Segundo Cynthia Cassamá, o país irá participar com o grupo tradicional “Ballet Nacional – Esta é a Nossa Pátria Amada”, um stand de património (exposição de Pano de Pente) e um stand tecnológico (tecnologia cultural).

Informou que três concursos vão marcar o festival de Dacar, a saber: pintura, fotografia e artesanato, sendo que a Guiné-Bissau irá concorrer em todas essas categorias com artistas nacionais e locais.

Em relação a essa temática, segundo explica aquela dirigente, é intenção dos organizadores ver como a cultura pode contribuir para ajudar a ultrapassar os conflitos cíclicos que se têm verificado na sub-região, ao longo dos anos.  

Neste sentido, Cassamá afiançou que a Guiné-Bissau está em condições de se mostrar à África e ao mundo que tem o seu próprio lugar. Aliás, refere que só a participação em si neste certame internacional é gratificante, levando em consideração que é o primeiro festival do género a realizar-se na África Ocidental.

Garantiu que o país está a preparar-se muito bem, fez “uma seleção muito rigorosa” em que se tentou trazer aquilo que é a cultura guineense e pôr o Pano de Pente ao mais alto nível. “Tanto os cidadãos nacionais que vivem cá quanto aqueles que residem em Dacar, podem esperar o melhor de nós e que vamos tentar dignificar o nosso país”.

Artistas e músicos

Instado a indicar alguns nomes que vão subir palco no ECOFEST, reafirmou que a cultura da Guiné-Bissau será muito bem representada pelos músicos e artistas selecionados para o festival, dos quais aponta Amy Indjai, os Furkuntunda, Lemos Djata (pintor), António Carlos e Marcelino José (Associação de Artesões), entre outros.

Em relação ao número de elementos que integram a delegação guineense, a ser chefiada pelo ministro da Cultura, Juventude e dos Desportos, Alfredo Malu, aquela responsável deu conta que, incluindo o titular da pasta, será um total de 30 pessoas.   

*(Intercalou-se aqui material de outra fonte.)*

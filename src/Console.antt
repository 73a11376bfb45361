-- ===== src/Console.antt =====
-- What the commands init and login read and change: the terminal, the files, other programs.
mod Defs
mod Rules
pub use Rules.{
  Leads, Keeps, Keeps-pure, Keeps-raise, Keeps-or_raise, Keeps-branch, Keeps-bind, Leads-bind,
  bind-ok, bind-eq, >>=-eq-ok, keeps_rules,
}
pub use Defs.{
  Console, Action, pure, raise, or_raise, or_error, ◌>>◌, branch, say, say_all, read_line,
  read_password, create_file, remove_file, write_file,
}
unfoldable pub use Defs.{◌>>=◌, prompt, prompt_secret, is_yes, prompt_yes_no, given_or}
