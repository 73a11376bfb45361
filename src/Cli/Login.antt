-- ===== src/Cli/Login.antt =====
-- login.rs: `run`, with the saving of client_config.rs. Whether a URL can be parsed, what the check of
-- the connection reports, the directory of the `dirs` crate and the writer of TOML are arguments.
use loophole.Base.{
  ◌≡◌, refl, sym, subst, ◌∙◌, ap, Bool, true, Option, none, some, [], ◌∷◌, ◌++◌, arith, Result, ok,
  err, unwrap_or, if◌then◌else◌,
}
use loophole.Text.{Text, codes}
use loophole.Map
use loophole.Map.{Map, get-insert_self}
use loophole.Console.{
  Console, Action, pure, raise, branch, ◌>>=◌, ◌>>◌, say, say_all, prompt, prompt_secret, given_or,
  write_file, bind-eq,
}
use loophole.Cli.Credentials.{ClientConfig, File, absent, content, saved_config, normalized, save}

abbrev pub config_dir : Option Text → Text
config_dir home = unwrap_or home (codes "~/.config") ++ codes "/loophole"

abbrev pub config_path : Option Text → Text
config_path home = config_dir home ++ codes "/config.toml"

-- The file of a path, as `load` finds it.
abbrev pub file_at : Console → Text → File
file_at c path = elim (Map.get c.files path) [ none ↦ absent | some s ↦ content s ]

file_at_lem :
    (c : Console) (path s : Text) → Map.get c.files path ≡ some s → file_at c path ≡ content s
file_at_lem c path s e = rw (e, file_at) refl

abbrev make_config_dir : Text → Action (Unit {0})
make_config_dir dir c =
    if c.may_create dir
    then (c, ok tt)
    else (c, err (codes "Failed to create config directory " ++ dir))

module _ (home : Option Text) (to_toml : ClientConfig → Text) (can_parse : Text → Bool)
    (check_connection : Text → Text → Result Text (Unit {0})) where
  -- `ClientConfig::save`.
  unfoldable pub save_config : ClientConfig → Action Text
  save_config config = do
    make_config_dir (config_dir home)
    write_file (config_path home) (to_toml config)
        (codes "Failed to write config to " ++ config_path home)
    pure (config_path home)

  -- What follows the check of the connection.
  unfoldable pub conclude : Text → Text → Result Text (Unit {0}) → Action (Unit {0})
  conclude server token (err e) = raise (codes "Login failed: " ++ e)
  conclude server token (ok _) = do
    path ← save_config (saved_config server token)
    say_all (
        (codes "✓ Logged in to " ++ server)
        ∷ (codes "✓ Credentials saved to " ++ path)
        ∷ codes ""
        ∷ codes "You can now expose local services:"
        ∷ codes "  loophole expose --subdomain myapp --port 3000"
        ∷ [])

  unfoldable pub login : Option Text → Option Text → Action (Unit {0})
  login server token = do
    given ←
        given_or server (prompt (codes "Server URL (e.g., https://tunnel.example.com)"))
          (codes "Server URL is required")
    let server = normalized given
    branch (can_parse server) (pure tt) (raise (codes "Invalid server URL: " ++ server))
    token ← given_or token (prompt_secret (codes "Token")) (codes "Token is required")
    say (codes "→ Validating credentials...")
    conclude server token (check_connection server token)

  save_config-get :
      (config : ClientConfig) (c : Console)
      → c.may_create (config_dir home) ≡ true
      → c.may_write (config_path home) ≡ true
      → save_config config c ≡ (
        record c { files = Map.insert c.files (config_path home) (to_toml config) },
        ok (config_path home),
      )
  unfolding save_config
  save_config-get config c made allowed =
      let dir : make_config_dir (config_dir home) c ≡ (c, ok tt) = ground arith in
      let file : write_file (config_path home) (to_toml config)
            (codes "Failed to write config to " ++ config_path home) c
          ≡ (record c { files = Map.insert c.files (config_path home) (to_toml config) }, ok tt) =
        ground arith in
      bind-eq _ _ dir ∙ bind-eq _ _ file

  -- With a server that can be parsed and a file that can be written, a login that the check accepts
  -- succeeds, and leaves the configuration with the server, by its scheme, and the token.
  pub login-saves :
      (server token : Text) (c : Console)
      → can_parse (normalized server) ≡ true
      → check_connection (normalized server) token ≡ ok tt
      → c.may_create (config_dir home) ≡ true
      → c.may_write (config_path home) ≡ true
      → ((login (some server) (some token) c).1 ≡ ok tt)
        × (file_at (login (some server) (some token) c).0 (config_path home)
            ≡ save to_toml (saved_config (normalized server) token))
  unfolding login given_or conclude save
  login-saves server token c parsed checked made allowed =
      let url = normalized server in
      let config = saved_config url token in
      let waiting : Console = record c {
        printed = c.printed ++ (codes "→ Validating credentials..." ∷ []);
      } in
      let parses : branch (can_parse url) (pure tt) (raise (codes "Invalid server URL: " ++ url)) c
          ≡ (c, ok tt) =
        rw parsed refl in
      let before_save : login (some server) (some token) c
          ≡ conclude url token (check_connection url token) waiting =
        bind-eq _ _ refl ∙ bind-eq _ _ parses ∙ bind-eq _ _ refl ∙ bind-eq _ _ refl in
      let saving = save_config-get config waiting made allowed in
      let done =
        before_save ∙ ap (λ r. conclude url token r waiting) checked ∙ bind-eq _ _ saving in
      let found : Map.get (login (some server) (some token) c).0.files (config_path home)
          ≡ some (to_toml config) =
        subst
          (λ (s : Console × Result Text (Unit {0})).
            Map.get s.0.files (config_path home) ≡ some (to_toml config))
          (sym done) (get-insert_self c.files (config_path home) (to_toml config)) in
      (
        ap (λ s. s.1) done,
        file_at_lem (login (some server) (some token) c).0 (config_path home) (to_toml config)
            found,
      )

Questionado pelo jornal Nô Pintcha sobre o critério da seleção, Cynthia Cassamá explicou que foi a própria organização do festival a indicar o número de elementos em cada modalidade.

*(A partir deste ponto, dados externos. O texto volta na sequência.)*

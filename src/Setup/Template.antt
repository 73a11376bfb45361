-- ===== src/Setup/Template.antt =====
-- init.rs: the text of the configuration that `run` writes, and of the unit that
-- `install_systemd_service` writes.
use loophole.Base.{List, [], ◌∷◌, ◌++◌, if◌then◌else◌}
use loophole.Text.{Text, codes, ◌==◌}

abbrev pub default_config_path : Text
default_config_path = codes "/etc/loophole/server.toml"

abbrev pub service_path : Text
service_path = codes "/etc/systemd/system/loophole.service"

abbrev pub quoted : Text → Text
quoted s = codes "\"" ++ (s ++ codes "\"")

-- The lines of the configuration.
unfoldable pub config_lines : Text → Text → Text → List Text
config_lines domain token email =
    codes "# Loophole Server Configuration"
    ∷ codes "version = 1"
    ∷ codes ""
    ∷ codes "[server]"
    ∷ codes "# Base domain for tunnels (e.g., tunnel.example.com)"
    ∷ codes "# Clients will get subdomains like myapp.tunnel.example.com"
    ∷ (codes "domain = " ++ quoted domain)
    ∷ codes ""
    ∷ codes "# HTTP port - used for ACME challenges and HTTP->HTTPS redirect"
    ∷ codes "# Default: 80 (required for Let's Encrypt)"
    ∷ codes "# http_port = 80"
    ∷ codes ""
    ∷ codes "# HTTPS port - used for tunnel traffic"
    ∷ codes "# Default: 443"
    ∷ codes "# https_port = 443"
    ∷ codes ""
    ∷ (codes "[tokens." ++ (token ++ codes "]"))
    ∷ codes "# Token with admin privileges (can access admin API)"
    ∷ codes "admin = true"
    ∷ codes ""
    ∷ codes "# Example: non-admin token"
    ∷ codes "# [tokens.tk_example123]"
    ∷ codes "# admin = false"
    ∷ codes ""
    ∷ codes "[limits]"
    ∷ codes "# Timeout for proxied requests (seconds)"
    ∷ codes "# request_timeout_secs = 30"
    ∷ codes ""
    ∷ codes "# Maximum request body size (bytes)"
    ∷ codes "# max_request_body_bytes = 10485760"
    ∷ codes ""
    ∷ codes "# Disconnect tunnels idle for this long (seconds)"
    ∷ codes "# idle_tunnel_timeout_secs = 3600"
    ∷ codes ""
    ∷ codes "[https]"
    ∷ codes "# HTTPS configuration with automatic Let's Encrypt certificates"
    ∷ (codes "email = " ++ quoted email)
    ∷ codes ""
    ∷ codes "# Directory to store certificates"
    ∷ codes "certs_dir = \"/var/lib/loophole/certs\""
    ∷ codes ""
    ∷ codes "# Use Let's Encrypt staging for testing (avoids rate limits)"
    ∷ codes "# staging = false"
    ∷ []

-- Each line with its line feed.
unfoldable pub unlines : List Text → Text
unlines [] = []
unlines (line ∷ lines) = line ++ 10 ∷ unlines lines

unfoldable pub config_text : Text → Text → Text → Text
unfolding config_lines unlines
config_text domain token email = unlines (config_lines domain token email)

abbrev pub server_command : Text → Text → Text
server_command binary config_path =
    if config_path == default_config_path
    then binary ++ codes " server"
    else binary ++ (codes " server --config " ++ config_path)

unfoldable pub service_text : Text → Text → Text
unfolding unlines
service_text binary config_path = unlines (
    codes "[Unit]"
    ∷ codes "Description=Loophole Tunnel Server"
    ∷ codes "After=network.target"
    ∷ codes ""
    ∷ codes "[Service]"
    ∷ codes "Type=simple"
    ∷ (codes "ExecStart=" ++ server_command binary config_path)
    ∷ codes "Restart=always"
    ∷ codes "RestartSec=5"
    ∷ codes ""
    ∷ codes "[Install]"
    ∷ codes "WantedBy=multi-user.target"
    ∷ [])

No entanto, ela salientou que as autoridades nacionais têm estado a dar o seu máximo para que a cultura guineense seja reconhecida ao mais alto nível, e a internacionalização, sobretudo da música, é um dos focos, pelo que pauta-se sempre para uma boa representação a nível dos festivais internacionais em que os músicos do país são chamados a participar.

A diretora-geral da Cultura fez saber que, à margem do festival, haverá um encontro entre os ministros responsáveis pela pasta de Cultura dos países da CEDEAO, a ter lugar no dia 1 de dezembro, tendo como propósito discutir sobre o património africano.

Tabanka Djaz no Visa For Music

Entretanto, durante os dias 19 a 22 deste mês, decorre em Rabat, Marrocos, a 12ª edição do Festival Visa For Music, sob o patrocínio do Rei Mohammed VI.

No evento, a Guiné-Bissau será representada pelos Tabanka Djaz, que se candidataram por conta própria e foram selecionados. “Para nós, é muito gratificante cada vez mais ver os nossos compatriotas a participar em festivais internacionais”, regozijou a diretora-geral da Cultura.

Nesta ordem de ideias, convidou os concidadãos residentes em Rabat e outras cidades arredores, a irem apoiar aquele agrupamento musical guineense de renome internacional.

Mil profissionais em palco

O Festival Visa For Music, que se tornou num evento chave para a música da África e do Médio Oriente, contará com a participação de mais de 500 artistas e de mil profissionais vindos de diferentes quadrantes do mundo.O Festival Visa For Music, que se tornou num evento chave para a música da África e do Médio Oriente, contará com a participação de mais de 500 artistas evindo de diferentes quadrantes do mundo.

Esta 12ª edição incluirá um grande desfile urbano, no dia 19 de novembro, uma cerimónia oficial de abertura e uma programação de 30 apresentações ao vivo e 12 de música eletrónica. A ocasião serve também para celebrar o 50º aniversário da independência dos Países Africanos de Língua Portuguesa e promoverá a diversidade criativa do continente.

Refira-se que, além dos guineenses dos Tabanka Djaz, o evento conta ainda com a participação de artistas lusófonos, como são os casos de Selma Uamusse, de Moçambique, e a cabo-verdiana Maura Delgado.